Each line of the data below holding the word "replace" must be copied.
*** Input records ***
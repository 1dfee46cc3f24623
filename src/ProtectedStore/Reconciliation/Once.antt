-- ===== src/ProtectedStore/Reconciliation/Once.antt =====
-- One operation per token: the authorizations of internal/protectedstore/reconciliation.go.
use secure_file_storage_syst.Prelude.{
  ℕ, String, ◌≡◌, ◌≢◌, inl, inr, refl, sym, subst, ◌∙◌, ap, Bool, true, false, none, some, [], ◌∷◌,
  find, arith, ◌==◌, string_eq, ok, Option-cases, Bool-cases,
}
use secure_file_storage_syst.Prelude.Map.{Map, lookup, insert, lookup-insert}
use secure_file_storage_syst.Prelude.Keys.{lookup-find}
use secure_file_storage_syst.ProtectedStore.{OrphanReconciliationOperation, MemoryRepository}
use secure_file_storage_syst.ProtectedStore.Reconciliation.{
  Candidate, has_token, authorized_or, authorize, is_reconcilable, operation_for,
  authorize_orphan_reconciliation,
}

find-insert :
    (token id : String) (new : OrphanReconciliationOperation)
    (m : Map String OrphanReconciliationOperation)
    → find (has_token token) m ≡ none
    → new.token ≡ token
    → find (has_token token) (insert id new m) ≡ some (id, new)
unfolding find insert
find-insert token id new [] missing same = ground (arith, string_eq.beq_iff new.token token)
find-insert token id new ((j, w) ∷ m) missing same = ground (
  arith,
  string_eq.beq_iff new.token token,
  string_eq.beq_iff w.token token,
  find-insert token id new m,
)

-- A second operation for the token of one that the repository has just answered with.
again :
    (operation second : OrphanReconciliationOperation) (r : MemoryRepository)
    → second.token ≡ operation.token
    → let (answer, created, after) = authorize operation r in
      authorize second after ≡ (answer, false, after)
unfolding authorize authorized_or
again operation second r same =
    elim (Option-cases (find (has_token operation.token) r.reconciliations)) [
      | inl missing ↦
          rw
            (
              missing,
              same,
              find-insert operation.token operation.operation_id operation r.reconciliations missing
                  refl,
            )
            refl
      | inr (found, has) ↦ rw (has, same, has) refl
    ]

answer :
    (candidate : Candidate) (actor correlation id : String) (now : ℕ) (r : MemoryRepository)
    → is_reconcilable candidate ≡ true
    → let (operation, created, after) =
        authorize (operation_for id candidate actor correlation now) r in
      authorize_orphan_reconciliation candidate actor correlation (some id) now r
      ≡ (ok (operation, created), after)
unfolding authorize_orphan_reconciliation
answer candidate actor correlation id now r may = rw may refl

-- Authorizing is idempotent in the token: a second request for the token of an authorized candidate
-- answers with the operation of the first, creates none and leaves the repository as it is.
pub authorize_once :
    (first second : Candidate) (actor actor' correlation correlation' id id' : String)
    (now now' : ℕ) (r : MemoryRepository)
    → is_reconcilable first ≡ true
    → is_reconcilable second ≡ true
    → second.token ≡ first.token
    → let after = (authorize_orphan_reconciliation first actor correlation (some id) now r).1 in
      (operation : OrphanReconciliationOperation) × (created : Bool)
      × ((authorize_orphan_reconciliation first actor correlation (some id) now r).0
          ≡ ok (operation, created))
      × (authorize_orphan_reconciliation second actor' correlation' (some id') now' after
          ≡ (ok (operation, false), after))
authorize_once first second actor actor' correlation correlation' id id' now now' r may may' same =
    let request = operation_for id first actor correlation now in
    let retry = operation_for id' second actor' correlation' now' in
    let one = answer first actor correlation id now r may in
    let after = (authorize request r).2 in
    let two = answer second actor' correlation' id' now' after may' in
    let repeated : authorize_orphan_reconciliation second actor' correlation' (some id') now' after
        ≡ (ok ((authorize request r).0, false), after) =
      rw two (rw (again request retry r same) refl) in
    ((authorize request r).0, (authorize request r).1, ap (λ p. p.0) one, rw one repeated)

-- At most one operation stands for a token.
abbrev pub OneToken : Map String OrphanReconciliationOperation → Type 0
OneToken m =
    (i j : String) (a b : OrphanReconciliationOperation)
    → lookup i m ≡ some a
    → lookup j m ≡ some b
    → a.token ≡ b.token
    → i ≡ j

module _ (m : Map String OrphanReconciliationOperation) (one : OneToken m) where
  unused_token :
      (token j : String) (b : OrphanReconciliationOperation)
      → find (has_token token) m ≡ none
      → lookup j m ≡ some b
      → b.token ≢ token
  unused_token token j b missing has same =
      let hit : has_token token (j, b) ≡ true = (string_eq.beq_iff b.token token).1 same in
      let found = lookup-find (has_token token) m j b has hit in
      absurd (ground (arith, missing, found))

  pub insert-OneToken :
      (id : String) (new : OrphanReconciliationOperation)
      → find (has_token new.token) m ≡ none
      → OneToken (insert id new m)
  insert-OneToken id new missing i j a b has_a has_b same = ground (
    arith,
    one i j a b,
    lookup-insert id i new m,
    lookup-insert id j new m,
    string_eq.beq_iff id i,
    string_eq.beq_iff id j,
    unused_token new.token j b missing,
    unused_token new.token i a missing,
  )

  earlier :
      (id i : String) (old new a : OrphanReconciliationOperation)
      → lookup id m ≡ some old
      → new.token ≡ old.token
      → lookup i (insert id new m) ≡ some a
      → (a' : OrphanReconciliationOperation) × (lookup i m ≡ some a') × (a'.token ≡ a.token)
  earlier id i old new a has same after = elim (Bool-cases (id == i)) [
    | inl hit ↦ (
      old,
      subst (λ k. lookup k m ≡ some old) ((string_eq.beq_iff id i).0 hit) has,
      ground (arith, lookup-insert id i new m),
    )
    | inr miss ↦ (a, ground (arith, lookup-insert id i new m), refl)
  ]

  pub replace-OneToken :
      (id : String) (old new : OrphanReconciliationOperation)
      → lookup id m ≡ some old
      → new.token ≡ old.token
      → OneToken (insert id new m)
  replace-OneToken id old new has same i j a b has_a has_b tokens =
      let (a', had_a, same_a) = earlier id i old new a has same has_a in
      let (b', had_b, same_b) = earlier id j old new b has same has_b in
      one i j a' b' had_a had_b (same_a ∙ tokens ∙ sym same_b)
*** End of Input records ***
(Solution for this problem):
  pub replace-OneToken :
  replace-OneToken id old new has same i j a b has_a has_b tokens =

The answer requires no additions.